MATERIALS Ordinary cold cure acrylic (’Simplex’), as used by dental technicians to repair broken dentures. This is supplied as a liquid monomer and a powdered polymer.
Put some of the powdered polymer into a small pot. Drop the liquid monomer onto it and stir it with a spatula until it is the consistency of putty.
METHOD Sit the patient up in a chair. Make an arch bar from several strands of thick (2 mm) stainless steel wire, and fashion it to fit the arch of his mandible, lingually, or buccally, or both.
To stop the resin sticking, lightly spread vaseline on the patient’s lips, mucous membrane and tongue-but not his teeth.

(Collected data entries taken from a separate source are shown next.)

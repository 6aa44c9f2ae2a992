-- ===== src/Maps/Scan/Offenders.antt =====
-- Which sources the sweep blocks (src/control_plane/map_manager.go, ScanAndMitigate).
pub mod Complete
use mathlib.Core.Option.{some-injective}
use shield_core.Prelude.{
  ℕ, ◌+◌, ◌^◌, ◌<◌, ◌≤◌, ◌≡◌, ◌≢◌, ◌⊎◌, ap, sym, ◌∙◌, Bool, true, false, ◌&&◌, ◌||◌, Option, none,
  some, List, [], ◌∷◌, Text, text_eq, text_eq_iff, All, length, ltb, ◌==◌, if◌then◌else◌, arith,
  Option-cases, Bool-cases, inl, inr,
}
use shield_core.Net.Addr.{print_ipv4, parse_ipv4}
use shield_core.Net.Addr.RoundTrip.{parse_ipv4-print_ipv4}
use shield_core.Net.Lpm.{LpmTrieKey, Parsed, swap32, parse_cidr}
use shield_core.Net.Lpm.RoundTrip.{parse_cidr_host, swap32_involutive, swap32-lt}
use shield_core.Kernel.{Kernel, StatVal, IsMap, key_eq}
use shield_core.Maps.{MapManager}
use shield_core.Maps.Cidr.{block_cidr}
use shield_core.Maps.Cidr.Laws.{blocked_at, block_cidr_lem}
use shield_core.Maps.Scan.{is_offender, mitigate_one, mitigate_loop, scan_and_mitigate}

abbrev pub host : ℕ → LpmTrieKey
host source = record { prefix_len = 32; bits = source }

-- The text that a source is reported by.
abbrev pub report : ℕ → Text
report source = print_ipv4 (swap32 source)

report_injective : (j k : ℕ) → j < 2 ^ 32 → k < 2 ^ 32 → report j ≡ report k → j ≡ k
report_injective j k hj hk e =
    let same : swap32 j ≡ swap32 k = some-injective _ _ (
      sym (parse_ipv4-print_ipv4 (swap32 j) (swap32-lt j))
      ∙ ap parse_ipv4 e
      ∙ parse_ipv4-print_ipv4 (swap32 k) (swap32-lt k)) in
    sym (swap32_involutive j hj) ∙ ap swap32 same ∙ swap32_involutive k hk

unfoldable pub reported : List Text → ℕ → Bool
reported [] source = false
reported (t ∷ out) source = text_eq t (report source) || reported out source

-- Whether the first pairs of an iteration, as many as the limit lets through, hold an offender.
unfoldable pub offends : ℕ → ℕ → ℕ → ℕ → List (ℕ × List StatVal) → ℕ → Bool
offends pps bps limit count [] source = false
offends pps bps limit count (p ∷ l) source =
    if ltb 0 limit && ltb limit (count + 1)
    then false
    else p.0 == source && is_offender pps bps p.1 || offends pps bps limit (count + 1) l source

module _ (K : Kernel) (L : IsMap key_eq K.lpm) (parse_ipv6 : Text → Option ℕ)
    (now pps bps : ℕ) where
  parse_report :
      (key : ℕ) → key < 2 ^ 32 → parse_cidr parse_ipv6 (report key) ≡ Parsed.ok (host key)
  parse_report key h =
      parse_cidr_host parse_ipv6 (swap32 key) (swap32-lt key)
      ∙ ap (λ b. Parsed.ok (host b)) (swap32_involutive key h)

  -- Blocking a reported source either writes its host key or changes nothing.
  block_report :
      (key : ℕ) (m : MapManager K)
      → key < 2 ^ 32
      → let (m', e) = block_cidr K parse_ipv6 now m (report key) in
        (e ≡ none
          → (j : LpmTrieKey)
          → blocked_at K m' j ≡ (if key_eq (host key) j then some now else blocked_at K m j))
        × (e ≢ none → m' ≡ m)
  block_report key m h = elim (block_cidr_lem K L parse_ipv6 m now (report key)).0 [
    | inl (e, (k, p, at)) ↦ (λ f j. ground (arith, parse_report key h, at j), λ f. absurd (f e))
    | inr (e, kept) ↦ (λ f. absurd (e f), λ f. kept)
  ]

  mitigate_one_lem :
      (key : ℕ) (vals : List StatVal) (m : MapManager K)
      → key < 2 ^ 32
      → let (m', hit) = mitigate_one K parse_ipv6 now pps bps key vals m in
        (hit ≢ none
          → (hit ≡ some (report key))
            × (is_offender pps bps vals ≡ true)
            × ((j : LpmTrieKey)
                → blocked_at K m' j ≡ (if key_eq (host key) j then some now else blocked_at K m j)))
        × (hit ≡ none → (j : LpmTrieKey) → blocked_at K m' j ≡ blocked_at K m j)
  unfolding mitigate_one
  mitigate_one_lem key vals m h =
      let (written, kept) = block_report key m h in
      elim (Bool-cases (is_offender pps bps vals)) [
        | inr e ↦ (λ n. absurd (ground arith), λ n j. ground arith)
        | inl e ↦ elim (Option-cases (block_cidr K parse_ipv6 now m (report key)).1) [
          | inl f ↦
              (λ n. (ground arith, e, λ j. ground (arith, written f j)), λ n. absurd (ground arith))
          | inr (x, f) ↦ (λ n. absurd (ground arith), λ n j. ground (arith, kept))
        ]
      ]

  same_report : (j k : ℕ) → j < 2 ^ 32 → k < 2 ^ 32 → text_eq (report j) (report k) ≡ (j == k)
  same_report j k hj hk = ground (
    arith,
    text_eq_iff (report j) (report k),
    λ (e : report j ≡ report k). report_injective j k hj hk e,
    λ (e : j ≡ k). ap report e,
  )

  mitigate_loop_blocked :
      (limit count : ℕ) (l : List (ℕ × List StatVal)) (m : MapManager K) (j : LpmTrieKey)
      → All (λ p. p.0 < 2 ^ 32) l
      → j.bits < 2 ^ 32
      → let (m', out) = mitigate_loop K parse_ipv6 now pps bps limit count l m in
        blocked_at K m' j
        ≡ (if j.prefix_len == 32 && reported out j.bits then some now else blocked_at K m j)
  unfolding mitigate_loop reported key_eq
  mitigate_loop_blocked limit count [] m j h b = ground arith
  mitigate_loop_blocked limit count (p ∷ l) m j h b =
      let (m', hit) = mitigate_one K parse_ipv6 now pps bps p.0 p.1 m in
      let rest = mitigate_loop_blocked limit (count + 1) l m' j h.1 b in
      elim (Option-cases hit) [
        | inl e ↦ ground (arith, rest, (mitigate_one_lem p.0 p.1 m h.0).1 e j)
        | inr (t, e) ↦
            let (name, _, at) = (mitigate_one_lem p.0 p.1 m h.0).0 (λ n. cc) in
            ground (arith, rest, name, at j, same_report p.0 j.bits h.0 b)
      ]

  -- Only offenders among the pairs that the limit lets through are reported.
  mitigate_loop-reported :
      (limit count : ℕ) (l : List (ℕ × List StatVal)) (m : MapManager K) (source : ℕ)
      → All (λ p. p.0 < 2 ^ 32) l
      → source < 2 ^ 32
      → reported (mitigate_loop K parse_ipv6 now pps bps limit count l m).1 source ≡ true
      → offends pps bps limit count l source ≡ true
  unfolding mitigate_loop reported offends
  mitigate_loop-reported limit count [] m source h b r = ground arith
  mitigate_loop-reported limit count (p ∷ l) m source h b r =
      let (m', hit) = mitigate_one K parse_ipv6 now pps bps p.0 p.1 m in
      let rest = mitigate_loop-reported limit (count + 1) l m' source h.1 b in
      elim (Option-cases hit) [
        | inl e ↦ ground (arith, rest)
        | inr (t, e) ↦
            let (name, bad, _) = (mitigate_one_lem p.0 p.1 m h.0).0 (λ n. cc) in
            ground (arith, rest, name, bad, same_report p.0 source h.0 b)
      ]

  length-mitigate_loop :
      (limit count : ℕ) (l : List (ℕ × List StatVal)) (m : MapManager K)
      → 0 < limit
      → count ≤ limit
      → length (mitigate_loop K parse_ipv6 now pps bps limit count l m).1 + count ≤ limit
  unfolding mitigate_loop
  length-mitigate_loop limit count [] m h c = omega arith
  length-mitigate_loop limit count (p ∷ l) m h c =
      let (m', hit) = mitigate_one K parse_ipv6 now pps bps p.0 p.1 m in
      let rest = length-mitigate_loop limit (count + 1) l m' h in ground (arith, rest)

  -- After a sweep the host keys of the reported sources, and no others, are blocked anew, with
  -- the time of the sweep. What is reported are offenders within the scan limit, at most as many
  -- as the limit where there is one.
  pub scan_and_mitigate_exact :
      (limit : ℕ) (m : MapManager K) (j : LpmTrieKey)
      → All (λ p. p.0 < 2 ^ 32) (K.ip_stats.iterate m.ip_stats_map).0
      → j.bits < 2 ^ 32
      → let (m', out, e) = scan_and_mitigate K parse_ipv6 now pps bps limit m in
        (blocked_at K m' j
          ≡ (if j.prefix_len == 32 && reported out j.bits then some now else blocked_at K m j))
        × ((reported out j.bits ≡ false)
            ⊎ (offends pps bps limit 0 (K.ip_stats.iterate m.ip_stats_map).0 j.bits ≡ true))
        × ((limit ≡ 0) ⊎ (length out ≤ limit))
  unfolding scan_and_mitigate
  scan_and_mitigate_exact limit m j h b =
      let l = (K.ip_stats.iterate m.ip_stats_map).0 in
      (
        mitigate_loop_blocked limit 0 l m j h b,
        ground (arith, mitigate_loop-reported limit 0 l m j.bits h b),
        ground (arith, length-mitigate_loop limit 0 l m),
      )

Hold the arch bar in place with blobs or a continuous wad of cold cure acrylic. Lightly spread vaseline on your fingers (to stop the acrylic sticking) and press the acrylic into place over the arch bar. Press it firmly between the bases of the patient’s teeth. If the arch bar is going to stay in place, the resin must go between the overhanging parts of his adjacent teeth. If he is older, and his gingival papillae have resorbed, or he has missing teeth, the resin will be able to pass between them and stick more firmly.
Hold the arch bar in place until the resin has set (in about 10 minutes).

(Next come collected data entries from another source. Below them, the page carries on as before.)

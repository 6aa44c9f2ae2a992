-- ===== src/Engine/Blocks.antt =====
-- What one cycle does to the sources that it reports
-- (src/control_plane/main.go, startAutoMitigation).
pub mod Exact
pub mod Flood
use shield_core.Prelude.{
  ℕ, ◌^◌, ◌<◌, ◌≡◌, ap, ◌∙◌, refl, true, false, Option, none, some, List, [], ◌∷◌, Text, All, arith,
  Option-cases, inl, inr,
}
use shield_core.Float.{Float64}
use shield_core.Net.Lpm.{LpmTrieKey}
use shield_core.Kernel.{Kernel, IsMap, key_eq}
use shield_core.Maps.{MapManager, MapError}
use shield_core.Maps.Targets.{remove_blacklist_target}
use shield_core.Maps.Config.{update_rate_limits}
use shield_core.Maps.Cidr.{get_blacklist_count}
use shield_core.Maps.Scan.{is_expired, age, scan_and_mitigate, clean_expired_blacklist}
use shield_core.Maps.Cidr.Laws.{blocked_at}
use shield_core.Maps.Scan.Expiry.{keep_fresh, clean_expired_blacklist_exact}
use shield_core.Maps.Scan.Offenders.{reported, scan_and_mitigate_exact}
use shield_core.Mitigation.Policy.{limits, scan_budget, expiry_ttl}
use shield_core.Server.{Server, save_rules_state}
use shield_core.Engine.{
  before_32, drop_target, tell_blocked, tell_expired, after_clean, after_scan, enforce,
}

-- A block of the present does not expire.
now_fresh : (now ttl : ℕ) → is_expired now ttl now ≡ false
unfolding is_expired age
now_fresh now ttl = ground arith

module _ (K : Kernel) where
  drop_target_blocks :
      (ip : Text) (m : MapManager K) → (drop_target K ip m).cidr_blacklist ≡ m.cidr_blacklist
  unfolding drop_target remove_blacklist_target
  drop_target_blocks ip m = elim (Option-cases (before_32 ip)) [
    | inl e ↦ ground (arith, e)
    | inr (t, e) ↦ ground (arith, e)
  ]

  tell_expired_blocks :
      (ips : List Text) (m : MapManager K) (w : Server K)
      → (tell_expired K ips m w).0.cidr_blacklist ≡ m.cidr_blacklist
  unfolding tell_expired
  tell_expired_blocks [] m w = refl
  tell_expired_blocks (ip ∷ ips) m w =
      tell_expired_blocks ips (drop_target K ip m) _ ∙ drop_target_blocks ip m

  pub save_keeps : (w : Server K) → (save_rules_state K w).map_mgr ≡ w.map_mgr
  unfolding save_rules_state
  save_keeps w = elim (Option-cases w.map_mgr) [
    | inl e ↦ ground (arith, e)
    | inr (m, e) ↦ ground (arith, e)
  ]

  -- What the clean-up leaves stays as it is when it is told of and saved.
  after_clean_blocks :
      (m : MapManager K) (out : List Text) (e : Option MapError) (w : Server K)
      → (m' : MapManager K) × ((after_clean K m out e w).map_mgr ≡ some m')
        × (m'.cidr_blacklist ≡ m.cidr_blacklist)
  unfolding after_clean
  after_clean_blocks m out (some e) w = (m, refl, refl)
  after_clean_blocks m [] none w = (m, refl, refl)
  after_clean_blocks m (ip ∷ ips) none w =
      let (m', w') = tell_expired K (ip ∷ ips) m w in
      (m', save_keeps (record w' { map_mgr = some m' }), tell_expired_blocks (ip ∷ ips) m w)

module _ (K : Kernel) (L : IsMap key_eq K.lpm) where
  -- A key whose block is of the present keeps it through what follows the scan.
  after_scan_keeps :
      (now level pps : ℕ) (m : MapManager K) (out : List Text) (e : Option MapError) (w : Server K)
      (j : LpmTrieKey)
      → blocked_at K m j ≡ some now
      → (m' : MapManager K) × ((after_scan K now level pps m out e w).map_mgr ≡ some m')
        × (blocked_at K m' j ≡ some now)
  unfolding after_scan
  after_scan_keeps now level pps m out (some e) w j h = (m, refl, h)
  after_scan_keeps now level pps m out none w j h =
      let ttl = expiry_ttl level (get_blacklist_count K m) in
      let (m1, expired, e1) = clean_expired_blacklist K now ttl m in
      let cleaned = (clean_expired_blacklist_exact K L now ttl m).0 j in
      let (m2, at, same) = after_clean_blocks K m1 expired e1 (tell_blocked K pps out w) in
      (
        m2,
        at,
        ap (λ s. K.lpm.lookup j s) same ∙ elim cleaned [
          | inl c ↦ c ∙ ap (keep_fresh now ttl) h ∙ ground (arith, now_fresh now ttl)
          | inr (x, k) ↦ k ∙ h
        ],
      )

module _ (F : Float64) (K : Kernel) (L : IsMap key_eq K.lpm) (info : Text → Option ℕ)
    (parse_ipv6 : Text → Option ℕ) where
  -- A source that the scan of a cycle reports is blocked at the end of the cycle, with its time.
  pub enforce_blocks :
      (now level : ℕ) (cpu_percent : F.Carrier) (m : MapManager K) (w : Server K) (j : LpmTrieKey)
      → let l = limits level in
        let m1 = (update_rate_limits K m l.pps_threshold l.bps_threshold).0 in
        let scanned =
          scan_and_mitigate K parse_ipv6 now l.pps_threshold l.bps_threshold
            (scan_budget F level cpu_percent)
            m1 in
        All (λ p. p.0 < 2 ^ 32) (K.ip_stats.iterate m1.ip_stats_map).0
        → j.prefix_len ≡ 32
        → j.bits < 2 ^ 32
        → reported scanned.1 j.bits ≡ true
        → (m' : MapManager K) × ((enforce F K info parse_ipv6 now level cpu_percent m w).map_mgr
            ≡ some m')
          × (blocked_at K m' j ≡ some now)
  unfolding enforce
  enforce_blocks now level cpu_percent m w j keys host bits hit =
      let l = limits level in
      let m1 = (update_rate_limits K m l.pps_threshold l.bps_threshold).0 in
      let limit = scan_budget F level cpu_percent in
      let exact =
        scan_and_mitigate_exact K L parse_ipv6 now l.pps_threshold l.bps_threshold limit m1 j keys
          bits in
      after_scan_keeps K L now level l.pps_threshold _ _ _ w j (ground (arith, exact.0, host, hit))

INDICATIONS (1) Conscious and cooperative patients. (2) This method is particularly suited to unilateral fractures. (3) Recent fractures that will be fairly easy to reduce.
CONTRAINDICATIONS Much bleeding which makes cleaning and drying the surfaces of a patient’s teeth impractical.

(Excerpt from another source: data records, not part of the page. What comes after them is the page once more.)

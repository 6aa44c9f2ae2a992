-- ===== src/Engine/Blocks/Exact.antt =====
-- The whole effect of one cycle on the blocks of hosts
-- (src/control_plane/main.go, startAutoMitigation).
use shield_core.Prelude.{
  ℕ, ◌^◌, ◌<◌, ◌≡◌, ◌≢◌, ◌⊎◌, ap, ◌∙◌, refl, Option, none, some, List, Text, All, arith,
  Option-cases, inl, inr, if◌then◌else◌,
}
use shield_core.Float.{Float64}
use shield_core.Net.Lpm.{LpmTrieKey}
use shield_core.Kernel.{Kernel, IsMap, key_eq}
use shield_core.Maps.{MapManager, MapError}
use shield_core.Maps.Config.{update_rate_limits, bps_after_pps, config_put, pps_key, bps_key}
use shield_core.Maps.Cidr.{get_blacklist_count}
use shield_core.Maps.Scan.{scan_and_mitigate, clean_expired_blacklist}
use shield_core.Maps.Cidr.Laws.{blocked_at}
use shield_core.Maps.Scan.Expiry.{keep_fresh, Refuses, clean_expired_blacklist_exact}
use shield_core.Maps.Scan.Offenders.{reported, scan_and_mitigate_exact}
use shield_core.Mitigation.Policy.{limits, scan_budget, expiry_ttl}
use shield_core.Server.{Server}
use shield_core.Engine.{tell_blocked, after_scan, enforce}
use shield_core.Engine.Blocks.{after_clean_blocks}

module _ (K : Kernel) where
  limits_blocks :
      (m : MapManager K) (pps bps : ℕ) (j : LpmTrieKey)
      → blocked_at K (update_rate_limits K m pps bps).0 j ≡ blocked_at K m j
  unfolding update_rate_limits bps_after_pps config_put
  limits_blocks m pps bps j = elim (Option-cases m.config_map) [
    | inl e ↦ ground arith
    | inr (c, e) ↦ elim (Option-cases (K.config.put pps_key pps c)) [
      | inl f ↦ ground arith
      | inr (t, f) ↦ elim (Option-cases (K.config.put bps_key bps t)) [
        | inl g ↦ ground arith
        | inr (u, g) ↦ ground arith
      ]
    ]
  ]

module _ (K : Kernel) (L : IsMap key_eq K.lpm) where
  -- What the cycle leaves of a block behind the scan: what has not expired, or, where an iteration
  -- ended in an error or the block could not be deleted, the block.
  after_scan_exact :
      (now level pps : ℕ) (m : MapManager K) (out : List Text) (e : Option MapError) (w : Server K)
      (j : LpmTrieKey)
      → let ttl = expiry_ttl level (get_blacklist_count K m) in
        (m' : MapManager K) × ((after_scan K now level pps m out e w).map_mgr ≡ some m')
        × ((blocked_at K m' j ≡ keep_fresh now ttl (blocked_at K m j))
            ⊎ (((e ≢ none)
                  ⊎ ((clean_expired_blacklist K now ttl m).2 ≢ none)
                  ⊎ Refuses K now ttl (K.lpm.iterate m.cidr_blacklist).0 m j)
                × (blocked_at K m' j ≡ blocked_at K m j)))
  unfolding after_scan
  after_scan_exact now level pps m out (some x) w j = (m, refl, inr (inl (ground arith), refl))
  after_scan_exact now level pps m out none w j =
      let ttl = expiry_ttl level (get_blacklist_count K m) in
      let (m1, expired, e1) = clean_expired_blacklist K now ttl m in
      let cleaned = (clean_expired_blacklist_exact K L now ttl m).0 j in
      let (m2, at, same) = after_clean_blocks K m1 expired e1 (tell_blocked K pps out w) in
      let kept : blocked_at K m2 j ≡ blocked_at K m1 j = ap (λ s. K.lpm.lookup j s) same in
      (m2, at, elim cleaned [ inl c ↦ inl (kept ∙ c) | inr (x, k) ↦ inr (inr x, kept ∙ k) ])

module _ (F : Float64) (K : Kernel) (L : IsMap key_eq K.lpm) (info : Text → Option ℕ)
    (parse_ipv6 : Text → Option ℕ) where
  -- At the end of a cycle a host is blocked exactly as follows: with the time of the cycle where
  -- the scan reports it, else with the time of its block before, and not at all where that block
  -- has expired under the life that the level and the number of blocks set; where an iteration
  -- ended in an error, or the trie refused to delete an expired block of the host, it may stay. The
  -- source keys that the iteration yields are 32-bit.
  pub enforce_exact :
      (now level : ℕ) (cpu_percent : F.Carrier) (m : MapManager K) (w : Server K) (j : LpmTrieKey)
      → let l = limits level in
        let m1 = (update_rate_limits K m l.pps_threshold l.bps_threshold).0 in
        let scanned =
          scan_and_mitigate K parse_ipv6 now l.pps_threshold l.bps_threshold
            (scan_budget F level cpu_percent)
            m1 in
        let ttl = expiry_ttl level (get_blacklist_count K scanned.0) in
        let hit = if reported scanned.1 j.bits then some now else blocked_at K m j in
        All (λ p. p.0 < 2 ^ 32) (K.ip_stats.iterate m1.ip_stats_map).0
        → j.prefix_len ≡ 32
        → j.bits < 2 ^ 32
        → (m' : MapManager K) × ((enforce F K info parse_ipv6 now level cpu_percent m w).map_mgr
            ≡ some m')
          × ((blocked_at K m' j ≡ keep_fresh now ttl hit)
              ⊎ (((scanned.2 ≢ none)
                    ⊎ ((clean_expired_blacklist K now ttl scanned.0).2 ≢ none)
                    ⊎ Refuses K now ttl (K.lpm.iterate scanned.0.cidr_blacklist).0 scanned.0 j)
                  × (blocked_at K m' j ≡ hit)))
  unfolding enforce
  enforce_exact now level cpu_percent m w j keys host bits =
      let l = limits level in
      let m1 = (update_rate_limits K m l.pps_threshold l.bps_threshold).0 in
      let limit = scan_budget F level cpu_percent in
      let (m2, out, e) =
        scan_and_mitigate K parse_ipv6 now l.pps_threshold l.bps_threshold limit m1 in
      let exact =
        scan_and_mitigate_exact K L parse_ipv6 now l.pps_threshold l.bps_threshold limit m1 j keys
          bits in
      let before = limits_blocks K m l.pps_threshold l.bps_threshold j in
      let scanned : blocked_at K m2 j
          ≡ (if reported out j.bits then some now else blocked_at K m j) =
        ground (arith, exact.0, host, before) in
      let (m', at, left) = after_scan_exact K L now level l.pps_threshold m2 out e w j in
      (m', at, rw⁻¹ scanned left)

MATERIALS Compound filling material, such as ’Adaptic’ or ’Isopaste’ and their special bonding compounds, or their generic equivalents. 50% phosphoric acid, 2 mm stainless steel wire. Rubber bands.
METHOD The patient will probably need about six hooks depending on the site of his fracture.
Sit him up in a chair. Clean the surfaces of his teeth at each fixation point carefully, and dry them free of saliva. Use spirit on a pledget of cotton wool, or a dental engine brush.
While his teeth are still dry, apply phosphoric acid on a paint brush for 60 seconds.
Wash his tooth for 30 seconds, and then dry it again.
Keep his teeth dry with suction, rolls of paper tissue, or cotton wool in his buccal sulcus.
Apply the bonding material to the dry, etched surface with a small brush or a wisp of cotton wool.
Mix a little of the the compound material and the catalyst with a spatula on a small paper pad, and immediately press it into place with lightly vaselined fingers over the prepared surfaces of his upper and lower teeth. While it is still soft, press a hook into it.
Join up the hooks with rubber bands or wire. Rubber will place less strain on the hooks. If you join them with wire, take care not to exert too much force, or you may displace them. After 6 weeks you can chip composite away quite easily. The last remaining pieces may have to be removed with a dental drill.
ALTERNATIVE NOT USING HOOKS Hold the patient’s jaws together with bridges of filling material passing from one jaw to another. You will probably only need about 4 bridges. As they set, keep his jaws aligned and his teeth in occlusion.